Het is een ander verhaal als er een lening verstrekt zou worden ter financiering van de eigen woning en je die bij een bank niet gekregen zou hebben. Dan heb je een andere discussie. Daar zit denk ik het verschil in opvatting tussen ons tweeën.

Waarom is niet voor de invoering van een tegenbewijsregeling gekozen? Dat was een vraag van de heer Stoffer. Het kabinet vindt het niet relevant en niet wenselijk om een tegenbewijsregeling in te voeren, want dan maak je het juist weer complexer dan wij willen.

Voorzitter, dan ga ik nog snel naar een aantal andere gestelde vragen.

We hebben het al gehad over de 11.000 en de 8.000. Dat was de vraag van de heer Alkaya.

Is het wetsvoorstel uitvoerbaar? Dat was de vraag van de heer Mulder en de heer Ephraim. Daar ben ik ook op ingegaan.

Dan de vraag van de heer Stoffer: wegen de voordelen van de invoering van dit wetsvoorstel wel op tegen de nadelen? Kan de invoering ervan de snelle invoering van een nieuw box 3-stelsel frustreren? Daar wil ik kort bij stilstaan. Wij hebben in de hersteloperatie box 3 gekozen voor de spaarvariant, ook voor het belastingjaar 2021. Dat betekent dat je alleen belasting betaalt over de rente die je hebt ontvangen. Dat is een enorm voordeel. Ook over 2021. Daarnaast hebben we gezegd dat het forfait blijft. Maar het forfait blijft niet helemaal hetzelfde. Ook de situatie die door een van de sprekers werd geschetst is niet meer zo. Het is niet meer zo dat wanneer je leent uit je bv en vervolgens belegt in vastgoed, je nul grondslag hebt. Dat is sinds 2021 niet meer zo en ook niet sinds 2022. We gaan daar natuurlijk nog met u over discussiëren, maar we hebben overbruggingswetgeving aangekondigd, omdat je niet de volledige schuld mag aftrekken. Je mag een forfaitair rentebedrag aftrekken en dat leidt dus tot een onaantrekkelijke situatie. Het was, geloof ik, de heer Romke de Jong die deze vraag stelde. Dus wij denken niet — terug naar de vraag van de heer Stoffer — dat we met de invoering van deze wet het nieuwe box 3-stelsel frustreren. Integendeel. Het is, denk ik, een eerste stap om wat meer evenwicht tussen de boxen te krijgen, maar daar gaan we het ongetwijfeld uitgebreider over hebben.

De heer Stoffer had ook nog gevraagd naar de budgettaire opbrengst.
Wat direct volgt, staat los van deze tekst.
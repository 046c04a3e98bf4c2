-- ===== src/Uploads/Interleaved/Tables.antt =====
-- The tables stay sound however requests interleave: what each waiting request has loaded still
-- fits the tables that it will change.
pub mod ChunkSteps
pub mod CompleteSteps
pub mod Runs
use distributed_file_service.Prelude.{
  All, List, [], ap, arith, count, true, ◌<◌, ◌∙◌, ◌∷◌, ◌≡◌, ◌≤◌,
}
use distributed_file_service.Prelude.Int.{pos_part}
use distributed_file_service.Text.{Text}
use distributed_file_service.Models.{Db, Upload, is_initiated, uploaded_of}
use distributed_file_service.Limits
use distributed_file_service.Uploads.ChunkUpload.{ChunkRequest}
use distributed_file_service.Uploads.Sound.{IsSound}
use distributed_file_service.Uploads.Interleaved.Chunks.{
  ChunkPhase, admitted, chunk_answered, holding, looked_up, persisted, reading,
}
use distributed_file_service.Uploads.Interleaved.Completion.{
  CompletePhase, assembled, complete_answered, counted, listed, loaded,
}
use distributed_file_service.Uploads.Interleaved.Systems.{Thread, chunk_thread, complete_thread}
use distributed_file_service.Uploads.Interleaved.Commits.{Found, Grows, Grows-same}

-- A request on a chunk that has loaded `u`.
pub record LoadedChunk (db : Db) (r : ChunkRequest) (u : Upload) : Type 0 where
  pub row : Upload
  pub found : Found r.upload_id row db
  pub same_total : row.total_chunks ≡ u.total_chunks
  pub not_back : is_initiated row.status ≡ true → is_initiated u.status ≡ true
  pub in_range : pos_part r.chunk_index < u.total_chunks

-- A request to complete that has loaded `u`.
pub record LoadedUpload (db : Db) (id : Text) (u : Upload) : Type 0 where
  pub row : Upload
  pub found : Found id row db
  pub same_total : row.total_chunks ≡ u.total_chunks
  pub own : u.id ≡ id

-- It has counted the chunks too.
pub record AllThere (db : Db) (id : Text) (u : Upload) : Type 0 where
  pub load : LoadedUpload db id u
  pub there : u.total_chunks ≤ count (uploaded_of id) db.chunks

abbrev pub PendingChunk : Db → ChunkRequest → ChunkPhase → Type 0
PendingChunk db r (reading u) = LoadedChunk db r u
PendingChunk db r (admitted u) = LoadedChunk db r u
PendingChunk db r (holding u) = LoadedChunk db r u
PendingChunk db r (persisted u s n) = LoadedChunk db r u
PendingChunk db r (looked_up u s n e) = LoadedChunk db r u
PendingChunk db r (chunk_answered o) = Unit

abbrev pub PendingComplete : Db → Text → CompletePhase → Type 0
PendingComplete db id (loaded u) = LoadedUpload db id u
PendingComplete db id (counted u) = AllThere db id u
PendingComplete db id (listed u cs) = AllThere db id u
PendingComplete db id (assembled u) = AllThere db id u
PendingComplete db id (complete_answered o) = Unit

abbrev pub Pending : Db → Thread → Type 0
Pending db (chunk_thread s r phase) = PendingChunk db r phase
Pending db (complete_thread id key phase) = PendingComplete db id phase

LoadedChunk-Grows :
    {a b : Db} (r : ChunkRequest) (u : Upload) → Grows a b → LoadedChunk a r u → LoadedChunk b r u
LoadedChunk-Grows r u g h =
    let (t, e, same, back) = g.kept r.upload_id h.row h.found in
    record {
      row = t;
      found = e;
      same_total = same ∙ h.same_total;
      not_back = λ q. h.not_back (back q);
      in_range = h.in_range;
    }

LoadedUpload-Grows :
    {a b : Db} (id : Text) (u : Upload) → Grows a b → LoadedUpload a id u → LoadedUpload b id u
LoadedUpload-Grows id u g h =
    let (t, e, same, back) = g.kept id h.row h.found in
    record { row = t; found = e; same_total = same ∙ h.same_total; own = h.own }

AllThere-Grows : {a b : Db} (id : Text) (u : Upload) → Grows a b → AllThere a id u → AllThere b id u
AllThere-Grows id u g h = record {
  load = LoadedUpload-Grows id u g h.load;
  there = omega (arith, h.there, g.more id);
}

pub Pending-Grows : {a b : Db} (t : Thread) → Grows a b → Pending a t → Pending b t
Pending-Grows (chunk_thread s r (reading u)) g h = LoadedChunk-Grows r u g h
Pending-Grows (chunk_thread s r (admitted u)) g h = LoadedChunk-Grows r u g h
Pending-Grows (chunk_thread s r (holding u)) g h = LoadedChunk-Grows r u g h
Pending-Grows (chunk_thread s r (persisted u k n)) g h = LoadedChunk-Grows r u g h
Pending-Grows (chunk_thread s r (looked_up u k n e)) g h = LoadedChunk-Grows r u g h
Pending-Grows (chunk_thread s r (chunk_answered o)) g h = tt
Pending-Grows (complete_thread id key (loaded u)) g h = LoadedUpload-Grows id u g h
Pending-Grows (complete_thread id key (counted u)) g h = AllThere-Grows id u g h
Pending-Grows (complete_thread id key (listed u cs)) g h = AllThere-Grows id u g h
Pending-Grows (complete_thread id key (assembled u)) g h = AllThere-Grows id u g h
Pending-Grows (complete_thread id key (complete_answered o)) g h = tt

pub All-Grows : {a b : Db} (ts : List Thread) → Grows a b → All (Pending a) ts → All (Pending b) ts
All-Grows [] g h = tt
All-Grows (t ∷ ts) g h = (Pending-Grows t g h.0, All-Grows ts g h.1)

-- A step from tables that were sound.
pub record Stepped (before after : Db) : Type 0 where
  pub sound : IsSound after
  pub grows : Grows before after

pub Stepped-same : (a b : Db) → b ≡ a → IsSound a → Stepped a b
Stepped-same a b e h = record {
  sound = rw e h;
  grows = Grows-same a b (ap (λ d. d.uploads) e) (ap (λ d. d.chunks) e);
}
Het is budgettair over de jaren, en als je het contant maakt, gaat het inderdaad niet om veel geld. Alles is veel geld, maar goed, bij 5 ton was het 35 miljoen en nu wordt het 20 miljoen per jaar. Waar zit nu de winst? Die zit 'm in het eenmalige effect waar ik eerder over gesproken heb, namelijk dat er heel veel dividenduitkeringen gedaan zijn. Daar is ook inkomstenbelasting over betaald in 2019. Dat kunnen we niet alloceren, omdat toen ook het tarief omhoogging, maar dat effect heeft zich wel degelijk voorgedaan.

Ik ga naar een vraag van mevrouw Van Dijk. Dat was een bijna rechtsfilosofische vraag, over belastingontwijking. Ik zou dat debat heel graag met de Kamer willen voeren, want in de kern komt het op het volgende neer. Ik heb dat in de loop van de laatste 20 of 30 jaar ook zien veranderen, en zeker in de laatste 10 jaar. Je kan het standpunt innemen: als het mag volgens de wet en als het kan, dan doe ik het. En er zijn natuurlijk heel veel belastingplichtigen in dit land die een eigen afweging maken en zich afvragen: moet ik ook alles wat kan en mag, doen? Dat is dat morele kompas waar u het over heeft. In deze situatie heb ik, denk ik, wel uitgelegd dat ik dat toch anders apprecieer. De wet stond dit toe. Zolang er maar zakelijke leningen verstrekt werden, kan je er naar mijn idee niet met een moreel kompas over zeggen dat dat hartstikke fout is geweest. Waar het ónzakelijk was en het in het grijze gebied zat, en er voorwaarden gesteld werden die anders niet in de markt gesteld werden, is het natuurlijk een ander verhaal. Dan had dat zeker niet gemogen. Desalniettemin zeggen wij natuurlijk: dit heeft zo'n omvang aangenomen, van 20 miljard naar 60 miljard, dat het gewoon een veel te hoog bedrag is geworden. De een zegt dat het halve maatregelen zijn, de ander zegt dat het een maar een slap stukje is, de volgende zegt dat het van hem niet had gehoeven, maar ik zie het toch als een eerste, duidelijke maatregel die het kabinet graag wil nemen, daarmee het estafettestokje van het vorige kabinet overnemend.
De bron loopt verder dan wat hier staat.